RAG using HyDE with completely open-source, self-hostable models.
TLDR; check folder 7 for the final app.
- Vector DB - Milvus - Dockerized
- Attu GUI for Milvus - Attu - Dockerized
- Embedding Model - MixedBread - Embed Large model - Chosen because it is one of the top models on the embedding leaderboard.
- Serving LLM - Vllm
- Onnxruntime GPU - Onnxruntime GPU (Optional: speeds up embeddings)
- Llamaindex - Llamaindex - Provides the RAG framework
- Streamlit - Streamlit - For the UI
- OpenAI API - Optional: useful to isolate bugs from self-hosting models
The major components of this system will be the VectorDB, LLM inference, and the embedding model. The Streamlit application is quite light in comparison.
By choosing scalable bases for the major components, the entire setup will be inherently scalable.
-
Milvus: Supports using a Kubernetes (k8s) cluster, allowing us to set scaling rules so the DB will scale according to the load.
-
VLLM: This is by far the fastest LLM serving engine I've used.
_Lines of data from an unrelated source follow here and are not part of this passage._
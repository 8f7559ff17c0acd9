-- ===== src/L0/Delegation/Chain.antt =====
-- The chains that VerifyChain of src/pkg/l0/delegation.go accepts.
use ipvn.Base.{
  ℕ, suc, ◌≡◌, ◌≢◌, ◌↔◌, ◌⊎◌, refl, sym, ap, ◌∙◌, String, str_eq_iff, Bool, true, false, ◌&&◌, ◌||◌,
  List, [], ◌∷◌, Option, none, arith, All, if◌then◌else◌,
}
use ipvn.Base.Int.{ℤ, ◌≤ℤ◌}
use ipvn.L0.Identity.{Crypto}
use ipvn.L0.Delegation.{
  Tier, ordinary, escalated, quarantine, deny, is_ordinary, is_escalated, DelegationLink,
  PrincipalChain, ChainError, verify_link, verify_links, verify_chain, verify_nonempty,
}

-- Each link is issued by the subject of the one before, the first by `expected`.
abbrev pub InCustody : String → List DelegationLink → Type 0
InCustody expected [] = Unit {0}
InCustody expected (l ∷ ls) = (l.issuer_did ≡ expected) × InCustody l.subject_did ls

abbrev pub has_ordinary : List DelegationLink → Bool
has_ordinary [] = false
has_ordinary (l ∷ ls) = is_ordinary l.tier || has_ordinary ls

abbrev pub has_escalated : List DelegationLink → Bool
has_escalated [] = false
has_escalated (l ∷ ls) = is_escalated l.tier || has_escalated ls

-- No link of tier escalated stands behind one of tier ordinary.
abbrev pub Attenuates : List DelegationLink → Type 0
Attenuates [] = Unit {0}
Attenuates (l ∷ ls) = (is_ordinary l.tier ≡ true → has_escalated ls ≡ false) × Attenuates ls

module _ (lib : Crypto) (decimal : ℤ → String) (now : ℤ) where
  abbrev pub IsGood : DelegationLink → Type 0
  IsGood l = (verify_link lib decimal l ≡ true) × (now ≤ℤ l.expires_at)

  abbrev pub IsSound : String → List DelegationLink → Type 0
  IsSound root ls = InCustody root ls × All IsGood ls × Attenuates ls

  abbrev pub granted : List DelegationLink → Tier
  granted ls = if has_ordinary ls then ordinary else escalated

  -- A link that is passed meets the four tests, and the loop goes on behind it.
  passed :
      (i : ℕ) (expected : String) (current : Tier) (l : DelegationLink) (ls : List DelegationLink)
      → (verify_links lib decimal now i expected current (l ∷ ls)).1 ≡ none
      → (l.issuer_did ≡ expected)
        × (verify_link lib decimal l ≡ true)
        × (now ≤ℤ l.expires_at)
        × ((is_ordinary current && is_escalated l.tier) ≡ false)
        × (verify_links lib decimal now i expected current (l ∷ ls)
            ≡ verify_links lib decimal now
                (suc i)
                l.subject_did
                (if is_ordinary l.tier then ordinary else current)
                ls)
  unfolding verify_links
  passed i expected current l ls h = ground (arith, str_eq_iff l.issuer_did expected)

  accept→sound :
      (i : ℕ) (expected : String) (current : Tier) (ls : List DelegationLink)
      → (verify_links lib decimal now i expected current ls).1 ≡ none
      → InCustody expected ls
        × All IsGood ls
        × Attenuates ls
        × (is_ordinary current ≡ true → has_escalated ls ≡ false)
        × ((verify_links lib decimal now i expected current ls).0
            ≡ (if has_ordinary ls then ordinary else current))
  accept→sound i expected current [] h = (tt, tt, tt, λ e. refl, unfold verify_links in refl)
  accept→sound i expected current (l ∷ ls) h =
      let p = passed i expected current l ls h in
      let next = if is_ordinary l.tier then ordinary else current in
      let onward : (verify_links lib decimal now (suc i) l.subject_did next ls).1 ≡ none =
        rw (p.4) at h in
      let rest = accept→sound (suc i) l.subject_did next ls onward in
      (
        (p.0, rest.0),
        ((p.1, p.2), rest.1),
        (ground (arith, rest), rest.2),
        ground (arith, rest, p.3),
        rw (p.4) (ground (arith, rest)),
      )

  sound→accept :
      (i : ℕ) (expected : String) (current : Tier) (ls : List DelegationLink)
      → InCustody expected ls
      → All IsGood ls
      → Attenuates ls
      → (is_ordinary current ≡ true → has_escalated ls ≡ false)
      → (verify_links lib decimal now i expected current ls).1 ≡ none
  unfolding verify_links
  sound→accept i expected current [] c g a o = refl
  sound→accept i expected current (l ∷ ls) c g a o =
      let next = if is_ordinary l.tier then ordinary else current in
      let rest = sound→accept (suc i) l.subject_did next ls c.1 g.1 a.1 in
      ground (arith, str_eq_iff l.issuer_did expected, rest)

-- VerifyChain returns no error exactly for a nonempty chain whose links hand custody on from the
-- root, each with a valid signature and not expired, none of tier escalated behind one of tier
-- ordinary. It then grants ordinary if some link has that tier, and escalated otherwise.
pub verify_chain_iff :
    (lib : Crypto) (decimal : ℤ → String) (now : ℤ) (c : PrincipalChain) (t : Tier)
    → (verify_chain lib decimal now c ≡ (t, none)) ↔ (
        (c.links ≢ [])
        × IsSound lib decimal now c.root_did c.links
        × (t ≡ granted lib decimal now c.links))
unfolding verify_chain
verify_chain_iff lib decimal now c t = go c.links
  where
    go :
        (ls : List DelegationLink)
        → (verify_nonempty lib decimal now c.root_did ls ≡ (t, none))
          ↔ ((ls ≢ []) × IsSound lib decimal now c.root_did ls × (t ≡ granted lib decimal now ls))
    go [] = (λ h. cc, λ h. absurd (h.0 refl))
    go (l ∷ ls) = (
      λ h.
          let s =
            accept→sound lib decimal now 0 c.root_did escalated (l ∷ ls)
              (ap (λ (p : Tier × Option ChainError). p.1) h) in
          (λ e. cc, (s.0, s.1, s.2), sym (ap (λ (p : Tier × Option ChainError). p.0) h) ∙ s.4),
      λ h.
          let accepted =
            sound→accept lib decimal now 0 c.root_did escalated (l ∷ ls) h.1.0 h.1.1 h.1.2
              (λ e. cc) in
          let s = accept→sound lib decimal now 0 c.root_did escalated (l ∷ ls) accepted in
          λ i. ((s.4 ∙ sym h.2) i, accepted i),
    )

-- A chain of one link with a valid signature that is not expired is accepted and granted tier
-- escalated, although the link's own tier is deny or quarantine.
pub verify_chain_deny :
    (lib : Crypto) (decimal : ℤ → String) (now : ℤ) (l : DelegationLink)
    → IsGood lib decimal now l
    → (l.tier ≡ deny) ⊎ (l.tier ≡ quarantine)
    → verify_chain lib decimal now (record { root_did = l.issuer_did; links = l ∷ [] })
      ≡ (escalated, none)
unfolding verify_chain verify_links
verify_chain_deny lib decimal now l good d = ground (arith, str_eq_iff l.issuer_did l.issuer_did)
We can scale it to use any number of GPUs within a single node, and we can set up multi-node inference using a Ray cluster. It's also possible to set up k8s load-based scaling, provided that we define the resources properly.
-
Embedding: In this case, I've used local serving for the embedding. Ideally, I would opt for serving the embedding separately and scaling them independently.
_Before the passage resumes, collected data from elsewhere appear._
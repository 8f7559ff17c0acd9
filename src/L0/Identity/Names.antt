-- ===== src/L0/Identity/Names.antt =====
-- The names of a key in src/pkg/l0/identity.go.
use Prim.Native.String.{◌++◌, len}
use text.Mathlib.Text.{starts_with}
use text.Mathlib.TextPositions.{starts_with-append}
use ipvn.Base.{
  ◌+◌, ◌≡◌, String, true, false, [], ◌∷◌, some, arith, ◌==◌, length, Bool-cases, Option-cases, inl,
  inr,
}
use ipvn.L0.Identity.{
  Crypto, Bytes, key_of_size, did_prefix, public_key_size, did_from_public_key,
  compact_did_from_public_key, canonical_did, public_key_from_did,
}

-- What encoding/hex, encoding/base64 and strings.Split document, for the texts of one key.
pub record NamesKey (lib : Crypto) (key : Bytes) : Type 0 where
  pub hex_roundtrip : lib.hex_decode (lib.hex_encode key) ≡ some key
  pub hex_length : len (lib.hex_encode key) ≡ length key + length key
  pub base64_roundtrip : lib.base64_decode (lib.base64_encode key) ≡ some key
  pub base64_length : len (lib.base64_encode key) ≡ 43
  pub base64_no_prefix : starts_with (lib.base64_encode key) did_prefix ≡ false
  pub split_did :
      lib.split_colon (did_prefix ++ lib.hex_encode key) ≡ "did" ∷ "ipvn7" ∷ lib.hex_encode key ∷ []

module _ (lib : Crypto) where
  canonical_did-prefix : (text : String) → starts_with (canonical_did lib text) did_prefix ≡ true
  unfolding canonical_did
  canonical_did-prefix text = elim (Bool-cases (starts_with text did_prefix)) [
    | inl has ↦ rw has has
    | inr lacks ↦ elim (Bool-cases (len text == 43)) [
      | inr other ↦ rw (lacks, other) (starts_with-append did_prefix text)
      | inl compact ↦ elim (Option-cases (key_of_size (lib.base64_decode text))) [
        | inl bad ↦ rw (lacks, compact, bad) (starts_with-append did_prefix text)
        | inr (raw, good) ↦
            rw (lacks, compact, good) (starts_with-append did_prefix (lib.hex_encode raw))
      ]
    ]
  ]

  canonical_did_fixed :
      (text : String) → starts_with text did_prefix ≡ true → canonical_did lib text ≡ text
  unfolding canonical_did
  canonical_did_fixed text h = rw h

  -- Whatever text CanonicalDID is given, its result begins with `did:ipvn7:` and is its own
  -- canonical form.
  pub canonical_did_twice :
      (text : String)
      → (starts_with (canonical_did lib text) did_prefix ≡ true)
        × (canonical_did lib (canonical_did lib text) ≡ canonical_did lib text)
  canonical_did_twice text =
      (canonical_did-prefix text, canonical_did_fixed _ (canonical_did-prefix text))

  -- For a key of 32 bytes whose texts behave as the Go libraries document, PublicKeyFromDID finds
  -- the key again from its DID and from its compact name, and CanonicalDID maps the compact name
  -- to the DID.
  pub key_names :
      (key : Bytes)
      → length key ≡ public_key_size
      → NamesKey lib key
      → (public_key_from_did lib (did_from_public_key lib key) ≡ some key)
        × (public_key_from_did lib (compact_did_from_public_key lib key) ≡ some key)
        × (canonical_did lib (compact_did_from_public_key lib key) ≡ did_from_public_key lib key)
  unfolding public_key_from_did did_from_public_key compact_did_from_public_key canonical_did
  key_names key size laws = (
    ground (
      arith,
      starts_with-append did_prefix (lib.hex_encode key),
      laws.split_did,
      laws.hex_length,
      laws.hex_roundtrip,
    ),
    ground (arith, laws.base64_no_prefix, laws.base64_length, laws.base64_roundtrip),
    ground (arith, laws.base64_no_prefix, laws.base64_length, laws.base64_roundtrip),
  )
Put together, the system design would look something like this:
Install the required dependencies:
pip install -r requirements.txt
Set up Milvus (this will be our vector DB):
Milvus runs as a Docker container. There are scripts in the Milvus docs:
# Download the installation script
curl -sfL https://raw.githubusercontent.com/milvus-io/milvus/master/scripts/standalone_embed.sh
# Start the Docker container
bash standalone_embed.sh start
Make sure to download the dataset from Kaggle!
Check the folder 1. Milvus Setup Testing. It contains the default template "Hello World" for Milvus. This installation assumes you used the install script, which runs Milvus at port 19530.
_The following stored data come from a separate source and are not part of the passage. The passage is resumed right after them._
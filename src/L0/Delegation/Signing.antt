-- ===== src/L0/Delegation/Signing.antt =====
-- Signing and verifying in src/pkg/l0/delegation.go, one after the other.
use ipvn.Base.{
  ℕ, ◌≡◌, refl, ap, ◌∙◌, String, str_eq_refl, Bool, true, false, Option, some, none, [], ◌∷◌, arith,
  if◌then◌else◌, length,
}
use ipvn.Base.Int.{ℤ, ◌+ℤ◌, ltb_ℤ, unix_seconds}
use ipvn.L0.Identity.{
  Crypto, Bytes, Identity, public_key_size, did, public_key_from_did, sign, verify_signature,
}
use ipvn.L0.Identity.Names.{NamesKey, key_names}
use ipvn.L0.Delegation.{
  Tier, ordinary, escalated, deny, is_ordinary, DelegationLink, ChainError, expired, link_bytes,
  verify_link, verify_links, verify_chain, create_delegation_link, SpendingMandate, mandate_bytes,
  sign_mandate, verify_mandate,
}

-- What Ed25519, encoding/hex and the other libraries of texts promise for the key of one identity and
-- one message.
pub record SignsFor (lib : Crypto) (id : Identity) (message : Bytes) : Type 0 where
  pub key_size : length id.public_key ≡ public_key_size
  pub key_texts : NamesKey lib id.public_key
  pub hex_roundtrip :
      lib.hex_decode (lib.hex_encode (lib.ed25519_sign id.private_key message))
      ≡ some (lib.ed25519_sign id.private_key message)
  pub signature_valid :
      lib.ed25519_verify id.public_key message (lib.ed25519_sign id.private_key message) ≡ true

module _ (lib : Crypto) (decimal : ℤ → String) (id : Identity) where
  -- The DID of an identity leads back to its key.
  own_key :
      (message : Bytes)
      → SignsFor lib id message
      → public_key_from_did lib (did lib id) ≡ some id.public_key
  unfolding did
  own_key message laws = (key_names lib id.public_key laws.key_size laws.key_texts).0

  abbrev pub unsigned : ℤ → String → String → Tier → ℤ → DelegationLink
  unsigned clock subject scope tier ttl = record {
    issuer_did = did lib id;
    subject_did = subject;
    scope = scope;
    tier = tier;
    expires_at = unix_seconds (clock +ℤ ttl);
    signature = "";
  }

  -- A link under the signature of its issuer.
  abbrev pub signed : DelegationLink → DelegationLink
  signed d = record d {
    signature = lib.hex_encode (lib.ed25519_sign id.private_key (link_bytes lib decimal d));
  }

  signed-verify_link :
      (d : DelegationLink)
      → d.issuer_did ≡ did lib id
      → SignsFor lib id (link_bytes lib decimal d)
      → verify_link lib decimal (signed d) ≡ true
  unfolding verify_link verify_signature link_bytes
  signed-verify_link d own laws =
      let key : public_key_from_did lib d.issuer_did ≡ some id.public_key =
        ap (public_key_from_did lib) own ∙ own_key (link_bytes lib decimal d) laws in
      rw (key, laws.hex_roundtrip) laws.signature_valid

  -- What VerifyChain says of a link of one's own that verifies, at the second `now`.
  abbrev pub answer : Tier → Bool → Tier × Option ChainError
  answer tier is_late =
      if is_late
      then (deny, some (expired 0))
      else (if is_ordinary tier then ordinary else escalated, none)

  one_link-verify_chain :
      (now : ℤ) (l : DelegationLink)
      → verify_link lib decimal l ≡ true
      → verify_chain lib decimal now (record { root_did = l.issuer_did; links = l ∷ [] })
        ≡ answer l.tier (ltb_ℤ l.expires_at now)
  unfolding verify_chain verify_links
  one_link-verify_chain now l good = rw (str_eq_refl l.issuer_did, good) refl

  -- Where Ed25519 and the texts of the issuer's key keep their promises, CreateDelegationLink
  -- succeeds; its link names the issuer, keeps the subject, the scope and the tier it was given,
  -- expires at the whole second of the clock plus the time to live, and verifies; and the chain of
  -- this link from the issuer is accepted by VerifyChain, as of tier ordinary or else escalated,
  -- at every second up to that one, and refused as expired at every later one.
  pub create_delegation_link-verify_link :
      (clock : ℤ) (subject scope : String) (tier : Tier) (ttl now : ℤ)
      → SignsFor lib id (link_bytes lib decimal (unsigned clock subject scope tier ttl))
      → (l : DelegationLink) × (create_delegation_link lib decimal clock id subject scope tier ttl
          ≡ some l)
        × (l.issuer_did ≡ did lib id)
        × (l.subject_did ≡ subject)
        × (l.scope ≡ scope)
        × (l.tier ≡ tier)
        × (l.expires_at ≡ unix_seconds (clock +ℤ ttl))
        × (verify_link lib decimal l ≡ true)
        × (verify_chain lib decimal now (record { root_did = did lib id; links = l ∷ [] })
            ≡ answer tier (ltb_ℤ (unix_seconds (clock +ℤ ttl)) now))
  unfolding create_delegation_link sign
  create_delegation_link-verify_link clock subject scope tier ttl now laws =
      let d = unsigned clock subject scope tier ttl in
      let good = signed-verify_link d refl laws in
      (
        signed d,
        rw (str_eq_refl (did lib id)),
        refl,
        refl,
        refl,
        refl,
        refl,
        good,
        one_link-verify_chain now (signed d) good,
      )

  -- A mandate in the payer's own name is signed, and the signed mandate verifies exactly until it
  -- expires.
  pub sign_mandate-verify_mandate :
      (decimal_units : ℕ → String) (now : ℤ) (m : SpendingMandate)
      → m.payer_did ≡ did lib id
      → SignsFor lib id (mandate_bytes lib decimal decimal_units m)
      → (s : SpendingMandate) × (sign_mandate lib decimal decimal_units id m ≡ some s)
        × (s.max_units ≡ m.max_units)
        × (verify_mandate lib decimal decimal_units now s
            ≡ (if ltb_ℤ m.expires_at now then false else true))
  unfolding sign_mandate verify_mandate sign verify_signature mandate_bytes
  sign_mandate-verify_mandate decimal_units now m own laws =
      let key : public_key_from_did lib m.payer_did ≡ some id.public_key =
        rw own (own_key (mandate_bytes lib decimal decimal_units m) laws) in
      (
        record m {
          signature =
              lib.hex_encode
                (lib.ed25519_sign id.private_key (mandate_bytes lib decimal decimal_units m));
        },
        rw (own, str_eq_refl (did lib id)),
        refl,
        ground (arith, key, laws.hex_roundtrip, laws.signature_valid),
      )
We are using Fastembed backend for the embedding model. Let's test the model. During the first-time test, the model is also downloaded, which saves us time in later stages.
The folder 2. Embedding Setup Testing contains a script - test.py that downloads the model, loads it, and encodes a few sample sentences.
We use a template code from LlamaIndex docs to check if our LlamaIndex installation works as intended. For testing purposes, I used an OpenAI key at this stage to minimize bugs. This will change in later stages.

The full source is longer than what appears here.